▸ **Excerpted records**:
↓↓↓
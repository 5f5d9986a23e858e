-- ===== src/Pipeline/Tests.antt =====
-- Runs of src/v2/pipeline.py, and instances of its theorems.
use dpi_engine_python.Balancer.{
  FlowKey, str_lt, endpoints_lt, endpoints_min, canonical, decimal, str_of, crc_bit, crc_byte,
  crc_from, crc32, joined, flow_text, flow_balancer, get_worker,
}
use dpi_engine_python.Bytes.{index, u16}
use dpi_engine_python.Dict.{get, put}
use dpi_engine_python.Packet.{protocol_name, parse}
use dpi_engine_python.Packet.Samples.{Sample, sample_scapy, hello_packet, arp_packet}
use dpi_engine_python.Pipeline.{flow_key, PacketPool, packet_pool, dispatch, build_report}
use dpi_engine_python.Pipeline.Accounting.{report_accounts}
use dpi_engine_python.Pipeline.Equivalence.{results-sequential}
use dpi_engine_python.Pool.{
  worker_pool, start_all, submit, pushed, is_drained, get_results, Event, starts, submits, works,
  happen, happen_all,
}
use dpi_engine_python.Pool.Outcome.{submissions}
use dpi_engine_python.Prelude.{◌+◌, ◌≡◌, refl, true, none, some, List, [], ◌∷◌, length}
use dpi_engine_python.Prelude.Result.{ok}
use dpi_engine_python.Processor.{
  dpi_processor, names_in, conclude, name_and_decide, resume, process_parsed, process,
}
use dpi_engine_python.Processor.Flows.{results_of}
use dpi_engine_python.Queue.{push, take_first, done_with, pop, task_done}
use dpi_engine_python.Rules.{
  normalize, first_app, classify_domain, is_ip_blocked, is_app_blocked, blocks, is_domain_blocked,
}
use dpi_engine_python.Sni.{
  server_name, walk, read_extensions, read_compression, read_ciphers, read_session, read_handshake,
  extract,
}
use dpi_engine_python.Text.{codes, encode_code, decode, lower_code, is_space, strip}
use dpi_engine_python.Tracker.{
  check_rules, apply_blocking_rules, update_flow, flow_or_new, get_or_create_flow,
  create_five_tuple, create_from,
}
use dpi_engine_python.Types.{FiveTuple}
use dpi_engine_python.Worker.{new_worker, start, handled, popped, finished, work_at, work}
use dpi_engine_python.Worker.Log.{blank, handle_all}

abbrev key : FiveTuple
key = record {
  src_ip = codes "10.0.0.1";
  dst_ip = codes "1.2.3.4";
  src_port = 5000;
  dst_port = 443;
  protocol = codes "TCP";
}

abbrev flow : FlowKey
flow = record {
  src_ip = codes "10.0.0.1";
  dst_ip = codes "1.2.3.4";
  src_port = 5000;
  dst_port = 443;
  protocol = codes "TCP";
}

abbrev pool : PacketPool sample_scapy
pool = record { worker_count = 2; workers = λ i. new_worker i (dpi_processor none none none) }

made : packet_pool sample_scapy 2 none none none ≡ ok pool
unfolding worker_pool flow_balancer
made = refl

abbrev capture : List Sample
capture = hello_packet ∷ arp_packet ∷ []

abbrev events : List (Event Sample)
events =
    starts
    ∷ submits flow hello_packet
    ∷ works 0
    ∷ works 1
    ∷ works 0
    ∷ works 1
    ∷ works 0
    ∷ works 1
    ∷ works 0
    ∷ works 1
    ∷ []

dispatched : submissions events ≡ (dispatch sample_scapy capture).0
unfolding dispatch flow_key parse protocol_name
dispatched = refl

drained : is_drained (happen_all (process sample_scapy) pool events) ≡ true
unfolding is_drained happen_all happen start_all submit pushed push take_first done_with pop
    task_done start handled popped finished work_at work get_worker flow_text joined canonical
    endpoints_min endpoints_lt str_lt str_of decimal crc32 crc_from crc_byte crc_bit encode_code
    process process_parsed resume name_and_decide conclude names_in get_or_create_flow update_flow
    flow_or_new apply_blocking_rules check_rules get put create_five_tuple create_from parse
    protocol_name is_ip_blocked is_app_blocked is_domain_blocked blocks extract index read_handshake
    read_session read_ciphers read_compression u16 read_extensions walk server_name decode
    classify_domain first_app normalize is_space lower_code strip
drained = refl

results-sequential_example :
    results_of sample_scapy (some key) (get_results (happen_all (process sample_scapy) pool events))
    ≡ results_of sample_scapy
        (some key)
        (handle_all (process sample_scapy) (blank (dpi_processor none none none)) capture).results
results-sequential_example =
    results-sequential sample_scapy none none none key 2 pool events capture made dispatched drained

report_accounts_example :
    ((build_report sample_scapy
          (happen_all (process sample_scapy) pool events)
          (dispatch sample_scapy capture).1).total_packets
        + (build_report sample_scapy
            (happen_all (process sample_scapy) pool events)
            (dispatch sample_scapy capture).1).skipped
      ≡ length capture)
    × ((build_report sample_scapy
            (happen_all (process sample_scapy) pool events)
            (dispatch sample_scapy capture).1).forwarded
          + (build_report sample_scapy
              (happen_all (process sample_scapy) pool events)
              (dispatch sample_scapy capture).1).dropped
        ≡ (build_report sample_scapy
            (happen_all (process sample_scapy) pool events)
            (dispatch sample_scapy capture).1).total_packets)
    × ((build_report sample_scapy
          (happen_all (process sample_scapy) pool events)
          (dispatch sample_scapy capture).1).errors
        ≡ [])
report_accounts_example =
    report_accounts sample_scapy none none none 2 pool events capture made dispatched drained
↑↑↑
Send back every line of the listing above exactly.

repository 5f5d9986a23e858e
-- ===== src/Pipeline/Tests.antt =====
-- Runs of src/v2/pipeline.py, and instances of its theorems.
use dpi_engine_python.Balancer.{
  FlowKey, str_lt, endpoints_lt, endpoints_min, canonical, decimal, str_of, crc_bit, crc_byte,
  crc_from, crc32, joined, flow_text, flow_balancer, get_worker,
}
use dpi_engine_python.Bytes.{index, u16}
use dpi_engine_python.Dict.{get, put}
use dpi_engine_python.Packet.{protocol_name, parse}
use dpi_engine_python.Packet.Samples.{Sample, sample_scapy, hello_packet, arp_packet}
use dpi_engine_python.Pipeline.{flow_key, PacketPool, packet_pool, dispatch, build_report}
use dpi_engine_python.Pipeline.Accounting.{report_accounts}
use dpi_engine_python.Pipeline.Equivalence.{results-sequential}
use dpi_engine_python.Pool.{
  worker_pool, start_all, submit, pushed, is_drained, get_results, Event, starts, submits, works,
  happen, happen_all,
}
use dpi_engine_python.Pool.Outcome.{submissions}
use dpi_engine_python.Prelude.{◌+◌, ◌≡◌, refl, true, none, some, List, [], ◌∷◌, length}
use dpi_engine_python.Prelude.Result.{ok}
use dpi_engine_python.Processor.{
  dpi_processor, names_in, conclude, name_and_decide, resume, process_parsed, process,
}
use dpi_engine_python.Processor.Flows.{results_of}
use dpi_engine_python.Queue.{push, take_first, done_with, pop, task_done}
use dpi_engine_python.Rules.{
  normalize, first_app, classify_domain, is_ip_blocked, is_app_blocked, blocks, is_domain_blocked,
}
use dpi_engine_python.Sni.{
  server_name, walk, read_extensions, read_compression, read_ciphers, read_session, read_handshake,
  extract,
}
use dpi_engine_python.Text.{codes, encode_code, decode, lower_code, is_space, strip}
use dpi_engine_python.Tracker.{
  check_rules, apply_blocking_rules, update_flow, flow_or_new, get_or_create_flow,
  create_five_tuple, create_from,
}
use dpi_engine_python.Types.{FiveTuple}
use dpi_engine_python.Worker.{new_worker, start, handled, popped, finished, work_at, work}
use dpi_engine_python.Worker.Log.{blank, handle_all}

abbrev key : FiveTuple
key = record {
  src_ip = codes "10.0.0.1";
  dst_ip = codes "1.2.3.4";
  src_port = 5000;
  dst_port = 443;
  protocol = codes "TCP";
}

abbrev flow : FlowKey
flow = record {
  src_ip = codes "10.0.0.1";
  dst_ip = codes "1.2.3.4";
  src_port = 5000;
  dst_port = 443;
  protocol = codes "TCP";
}

abbrev pool : PacketPool sample_scapy
pool = record { worker_count = 2; workers = λ i. new_worker i (dpi_processor none none none) }

made : packet_pool sample_scapy 2 none none none ≡ ok pool
unfolding worker_pool flow_balancer
made = refl

abbrev capture : List Sample
capture = hello_packet ∷ arp_packet ∷ []

abbrev events : List (Event Sample)
events =
    starts
    ∷ submits flow hello_packet
    ∷ works 0
    ∷ works 1
    ∷ works 0
    ∷ works 1
    ∷ works 0
    ∷ works 1
    ∷ works 0
    ∷ works 1
    ∷ []

dispatched : submissions events ≡ (dispatch sample_scapy capture).0
unfolding dispatch flow_key parse protocol_name
dispatched = refl

drained : is_drained (happen_all (process sample_scapy) pool events) ≡ true
unfolding is_drained happen_all happen start_all submit pushed push take_first done_with pop
    task_done start handled popped finished work_at work get_worker flow_text joined canonical
    endpoints_min endpoints_lt str_lt str_of decimal crc32 crc_from crc_byte crc_bit encode_code
    process process_parsed resume name_and_decide conclude names_in get_or_create_flow update_flow
    flow_or_new apply_blocking_rules check_rules get put create_five_tuple create_from parse
    protocol_name is_ip_blocked is_app_blocked is_domain_blocked blocks extract index read_handshake
    read_session read_ciphers read_compression u16 read_extensions walk server_name decode
    classify_domain first_app normalize is_space lower_code strip
drained = refl

results-sequential_example :
    results_of sample_scapy (some key) (get_results (happen_all (process sample_scapy) pool events))
    ≡ results_of sample_scapy
        (some key)
        (handle_all (process sample_scapy) (blank (dpi_processor none none none)) capture).results
results-sequential_example =
    results-sequential sample_scapy none none none key 2 pool events capture made dispatched drained

report_accounts_example :
    ((build_report sample_scapy
          (happen_all (process sample_scapy) pool events)
          (dispatch sample_scapy capture).1).total_packets
        + (build_report sample_scapy
            (happen_all (process sample_scapy) pool events)
            (dispatch sample_scapy capture).1).skipped
      ≡ length capture)
    × ((build_report sample_scapy
            (happen_all (process sample_scapy) pool events)
            (dispatch sample_scapy capture).1).forwarded
          + (build_report sample_scapy
              (happen_all (process sample_scapy) pool events)
              (dispatch sample_scapy capture).1).dropped
        ≡ (build_report sample_scapy
            (happen_all (process sample_scapy) pool events)
            (dispatch sample_scapy capture).1).total_packets)
    × ((build_report sample_scapy
          (happen_all (process sample_scapy) pool events)
          (dispatch sample_scapy capture).1).errors
        ≡ [])
report_accounts_example =
    report_accounts sample_scapy none none none 2 pool events capture made dispatched drained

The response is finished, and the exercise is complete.